OAB-PR pede a governo cronograma de obras para pôr fim à superlotação

sexta-feira, 31 de outubro de 2008 às 09:31

Brasília, 31/10/2008 - A Seccional da Ordem dos Advogados do Brasil (OAB) do Paraná requereu que a Secretaria de Estado da Segurança Pública apresente um cronograma de implantação das medidas anunciadas pelo governo do Estado para aliviar a superlotação nas cadeiras de Curitiba e Região Metropolitana. Na tarde desta quinta-feira (30), a OAB divulgou o relatório elaborado pela sua Comissão de Direitos Humanos, denunciando a situação das carceragens, todas com número de presos superior à capacidade e com instalações físicas inadequadas.


Diante dos dados levantados pelas vistorias, a OAB-PR criou uma força-tarefa com o intuito de contribuir para amenizar o problema nos distritos e delegacias.

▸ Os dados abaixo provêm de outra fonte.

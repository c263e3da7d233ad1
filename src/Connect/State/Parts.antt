-- ===== src/Connect/State/Parts.antt =====
-- The parts of the player, and the operations on its scalar fields.
use squeezebox_radio_spotify.Connect.State.Data.{
  ContextIndex, Track, PlayerOptions, Restrictions, ConnectState, no_track, no_restrictions,
  is_autoplay,
}
use squeezebox_radio_spotify.Connect.Text.{Text}
use squeezebox_radio_spotify.Prelude.{
  [], Bool, Option, ℕ, List, some, map, ◌||◌, codes, false, ◌&&◌, if◌then◌else◌, true, none, not,
  ◌∷◌,
}

-- `self.player().index.track`, of a message that may be absent.
abbrev pub index_track : Option ContextIndex → ℕ
index_track none = 0
index_track (some i) = i.track

-- `self.player().track`, likewise.
abbrev pub track_or_default : Option Track → Track
track_or_default none = no_track
track_or_default (some t) = t

abbrev pub options_or_default : Option PlayerOptions → PlayerOptions
options_or_default none = record {
  shuffling_context = false;
  repeating_context = false;
  repeating_track = false;
}
options_or_default (some o) = o

abbrev pub restrictions_or_default : Option Restrictions → Restrictions
restrictions_or_default none = no_restrictions
restrictions_or_default (some r) = r

abbrev pub current_track : ConnectState → Track
current_track s = track_or_default s.player.track

abbrev pub repeat_context : ConnectState → Bool
repeat_context s = (options_or_default s.player.options).repeating_context

abbrev pub repeat_track : ConnectState → Bool
repeat_track s = (options_or_default s.player.options).repeating_track

abbrev pub shuffling_context : ConnectState → Bool
shuffling_context s = (options_or_default s.player.options).shuffling_context

abbrev pub is_playing : ConnectState → Bool
is_playing s = s.player.is_playing && not s.player.is_paused

abbrev pub is_pause : ConnectState → Bool
is_pause s = s.player.is_playing && s.player.is_paused && s.player.is_buffering

-- `update_current_index(|i| i.track = track)`
unfoldable pub update_current_index : ℕ → ConnectState → ConnectState
update_current_index track s = record s {
  player = record s.player {
    index = elim s.player.index [
      | none ↦ some (record { page = 0; track = track })
      | some i ↦ some (record i { track = track })
    ];
  };
}

unfoldable pub set_track : Track → ConnectState → ConnectState
set_track t s = record s { player = record s.player { track = some t } }

unfoldable pub update_queue_revision : ConnectState → ConnectState
update_queue_revision s = record s {
  player = record s.player { queue_revision = map (λ t. t.uri) s.player.next_tracks };
}

abbrev no_prev : Text
no_prev = codes "no previous tracks"

-- The reasons against pausing and resuming, by what is played.
abbrev pub playing_reasons : Bool → Restrictions → Restrictions
playing_reasons false r = r
playing_reasons true r = record r {
  disallow_pausing = [];
  disallow_resuming = codes "not_paused" ∷ [];
}

abbrev pub paused_reasons : Bool → Restrictions → Restrictions
paused_reasons false r = r
paused_reasons true r = record r {
  disallow_resuming = [];
  disallow_pausing = codes "not_playing" ∷ [];
}

-- The reasons against going back, and those against shuffling and repeating.
abbrev pub queue_reasons : Bool → Bool → Restrictions → Restrictions
queue_reasons no_prev_tracks is_auto r =
    let prev : List Text = if no_prev_tracks then no_prev ∷ [] else [] in
    let auto : List Text = if is_auto then codes "autoplay" ∷ [] else [] in
    record r {
      disallow_peeking_prev = prev;
      disallow_skipping_prev = prev;
      disallow_toggling_shuffle = auto;
      disallow_toggling_repeat_context = auto;
      disallow_toggling_repeat_track = auto;
    }

abbrev pub is_empty {ℓ} : {A : Type ℓ} → List A → Bool
is_empty [] = true
is_empty (x ∷ xs) = false

abbrev pub play_reasons : ConnectState → Option Restrictions → Restrictions
play_reasons s none = no_restrictions
play_reasons s (some r) = paused_reasons (is_pause s) (playing_reasons (is_playing s) r)

unfoldable pub update_restrictions : ConnectState → ConnectState
update_restrictions s = record s {
  player = record s.player {
    restrictions = some (
        queue_reasons (is_empty s.player.prev_tracks) (is_autoplay (current_track s))
          (play_reasons s s.player.restrictions));
  };
}

-- `SpircPlayStatus`, without its times.
pub data PlayStatus : Type 0 where
  stopped loading_play loading_pause playing paused : PlayStatus

abbrev pub pauses : PlayStatus → Bool
pauses stopped = true
pauses loading_pause = true
pauses paused = true
pauses _ = false

abbrev pub loads : PlayStatus → Bool
loads loading_play = true
loads loading_pause = true
loads _ = false

abbrev pub plays : PlayStatus → Bool
plays loading_play = true
plays playing = true
plays _ = false

-- `set_status`; the playback speed follows `is_paused`.
unfoldable pub set_status : PlayStatus → ConnectState → ConnectState
unfolding update_restrictions
set_status status s = update_restrictions (record s {
  player = record s.player {
    is_paused = pauses status;
    is_buffering = pauses status || loads status;
    is_playing = pauses status || plays status;
  };
})
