-- ===== src/Connect/State.antt =====
-- state.rs: the data of `ConnectState`, and the operations on its scalar parts. The messages of
-- protobuf are records; a field that the engine only passes on is left out. `player` stands for
-- `request.device.player_state`, which is always there.
mod Data
mod Acting
mod Parts
unfoldable pub use Data.*
unfoldable pub use Acting.*
unfoldable pub use Parts.*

A entidade analisou a situação de presos provisórios de cinco delegacias de Curitiba e prestou atendimento aos que não têm assistência jurídica. O presidente da OAB-PR, Alberto de Paula Machado, disse que a atividade das duas comissões passa a ser intensa para garantir que o governo cumpra o que prometeu.

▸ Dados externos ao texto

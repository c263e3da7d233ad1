-- ===== src/Connect/Context.antt =====
-- state/context.rs: the contexts that the next tracks come from. Turning a context's pages into
-- tracks is left out.
use squeezebox_radio_spotify.Connect.State.{
  ◌>>=◌, ◌>>◌, get_state, modify, ContextType, StateContext, ConnectState, Act, update_restrictions,
  Track, Result, ok, Player, default_context, err, autoplay, no_context, can_not_find_track,
  no_restrictions, panic, restrictions_or_default,
}
use squeezebox_radio_spotify.Connect.Text.{Text, without, lookup, has_prefix, extend}
use squeezebox_radio_spotify.Prelude.{
  Option, List, some, ℕ, Bool, codes, if◌then◌else◌, none, ◌%◌, not, [], false, true, ◌∷◌, ◌^◌,
  bytes_eq, ◌==◌, length, ◌||◌, ◌&&◌,
}
use squeezebox_radio_spotify.Shuffle.{unshuffle, position}

abbrev pub context_of : ContextType → ConnectState → Option StateContext
context_of default_context s = s.context
context_of autoplay s = s.autoplay_context

-- `get_context`
unfoldable pub get_context : ContextType → ConnectState → Result StateContext
get_context ty s = elim (context_of ty s) [ some c ↦ ok c | none ↦ err (no_context ty) ]

abbrev pub put_context : ContextType → StateContext → ConnectState → ConnectState
put_context ty c s = record s {
  context = elim ty [ default_context ↦ some c | autoplay ↦ s.context ];
  autoplay_context = elim ty [ default_context ↦ s.autoplay_context | autoplay ↦ some c ];
}

-- `get_context_mut`, and what is done to the context.
unfoldable pub change_context : ContextType → (StateContext → StateContext) → Act (Unit {0})
unfolding get_context
change_context ty f s = elim (get_context ty s) [
  | ok c ↦ (ok tt, put_context ty (f c) s)
  | err e ↦ (err e, s)
]

abbrev pub at_track : ℕ → StateContext → StateContext
at_track n c = record c { index = record c.index { track = n } }

unfoldable pub update_context_index : ContextType → ℕ → Act (Unit {0})
unfolding change_context
update_context_index ty new_index = change_context ty (at_track (new_index % 2 ^ 32))

-- `find_index_in_context`
unfoldable pub find_index_in_context : StateContext → (Track → Bool) → Result ℕ
find_index_in_context c f = elim (position f c.tracks.vec) [
  | some i ↦ ok i
  | none ↦ err (can_not_find_track none (length c.tracks.vec))
]

abbrev search_identifier : Text
search_identifier = codes "spotify:search"

-- `different_context_uri`
unfoldable pub different_context_uri : Text → ConnectState → Bool
different_context_uri uri s =
    not (bytes_eq s.player.context_uri uri) || has_prefix search_identifier uri

-- The player's part of `set_active_context`.
abbrev pub show_context : Option StateContext → Player → Player
show_context c p = record p {
  context_metadata = elim c [ none ↦ [] | some c ↦ extend c.metadata [] ];
  context_restrictions = some no_restrictions;
  restrictions =
      some (elim c [ none ↦ no_restrictions | some c ↦ restrictions_or_default c.restrictions ]);
}

unfoldable pub set_active_context : ContextType → ConnectState → ConnectState
set_active_context ty s = record s {
  active_context = ty;
  player = show_context (context_of ty s) s.player;
}

pub data ResetContext : Type 0 where
  completely default_index : ResetContext
  when_different : Text → ResetContext

-- The first test of `reset_context`.
abbrev pub reset_kind : ResetContext → ConnectState → ResetContext
reset_kind (when_different uri) s =
    if different_context_uri uri s then completely else when_different uri
reset_kind kind s = kind

-- `remove_shuffle_seed`, `remove_initial_track` and `unshuffle`; `none` is a panic.
unfoldable pub unshuffle_context : StateContext → Option StateContext
unshuffle_context c = elim (unshuffle c.tracks) [
  | none ↦ none
  | some tracks ↦ some (record c {
    metadata = without (codes "initial_track") (without (codes "shuffle_seed") c.metadata);
    tracks = tracks;
  })
]

unfoldable pub unshuffle_default : Act (Unit {0})
unfolding unshuffle_context
unshuffle_default s = elim s.context [
  | none ↦ (ok tt, s)
  | some c ↦ elim (unshuffle_context c) [
    | none ↦ (err panic, s)
    | some c' ↦ (ok tt, record s { context = some c' })
  ]
]

abbrev pub zero_index : Option StateContext → Option StateContext
zero_index none = none
zero_index (some c) = some (record c { index = record { page = 0; track = 0 } })

-- The `match` of `reset_context`.
abbrev pub reset_by : ResetContext → ConnectState → ConnectState
reset_by (when_different uri) s = s
reset_by completely s = record s {
  context = none;
  autoplay_context = none;
  player = record s.player { context_uri = []; context_url = [] };
}
reset_by default_index s = record s {
  context = zero_index s.context;
  autoplay_context = zero_index s.autoplay_context;
}

unfoldable pub reset_context : ResetContext → Act (Unit {0})
unfolding unshuffle_default set_active_context update_restrictions
reset_context kind = do
  s ← get_state
  unshuffle_default
  modify (reset_by (reset_kind kind s))
  modify λ s. record s { fill_up_context = default_context }
  modify (set_active_context default_context)
  modify update_restrictions

abbrev is_initial : Option Text → Text → Bool
is_initial none uri = false
is_initial (some initial) uri = bytes_eq initial uri

-- `iteration.is_none_or(|i| i == 0)`
abbrev is_none_or_zero : Option ℕ → Bool
is_none_or_zero none = true
is_none_or_zero (some i) = i == 0

abbrev pub skips_in : Option StateContext → Track → Option ℕ → Bool
skips_in none t iteration = false
skips_in (some c) t iteration =
    is_initial (lookup (codes "initial_track") c.metadata) t.uri && is_none_or_zero iteration

-- The track with which shuffling began is played first, and skipped where it comes up again in the
-- first round.
unfoldable pub is_skip_track : Track → Option ℕ → ConnectState → Bool
is_skip_track t iteration s = skips_in (context_of s.active_context s) t iteration

-- `find_first_prev_track_index`, on the previous tracks from the last one on.
unfoldable pub find_first_prev : List Track → StateContext → Option ℕ
find_first_prev [] c = none
find_first_prev (t ∷ ts) c =
    let earlier = find_first_prev ts c in
    elim (position (λ u. bytes_eq t.uri u.uri) c.tracks.vec) [ some i ↦ some i | none ↦ earlier ]

-- `valid_resolve_uri`
unfoldable pub valid_resolve_uri : Text → Option Text
valid_resolve_uri [] = none
valid_resolve_uri (c ∷ cs) = if has_prefix search_identifier (c ∷ cs) then none else some (c ∷ cs)

-- A page's first track, if it has a uri.
abbrev pub or_first : Option Text → Option Text → Option Text
or_first none first = first
or_first (some uri) first = some uri

-- `find_valid_uri`, given the uri of the first track of the first page.
unfoldable pub find_valid_uri : Option Text → Option Text → Option Text
unfolding valid_resolve_uri
find_valid_uri none first = first
find_valid_uri (some uri) first = or_first (valid_resolve_uri uri) first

No período de realização das vistorias - entre 12 de fevereiro e 2 de julho de 2008 - ficou constatado que é necessário triplicar o número de vagas hoje existentes. Nas 17 unidades visitadas havia 1.454 presos para 475 vagas. A força-tarefa da OAB começou a atuar no dia 15 de julho e concluirá o trabalho em janeiro de 2009. O relatório da OAB-PR traz uma série de dados sobre a situação dos presos, evidenciando que a população carcerária dessas unidades é formada, em sua grande maioria, por jovens e réus primários. Do total de presos, 1.051 são réus primários e 1.038 estão na faixa etária entre 18 e 23 anos. O nível de instrução é muito baixo. A maioria não tem o 1º grau completo.


Em Curitiba, a cadeia com maior índice de presos por vaga é a Furtos e Roubos de Veículos, onde a proporção é de 8,25. Na Região Metropolitana, a situação mais crítica encontra-se na cadeia de Paranaguá, onde existem mais de 7 pessoas por vaga.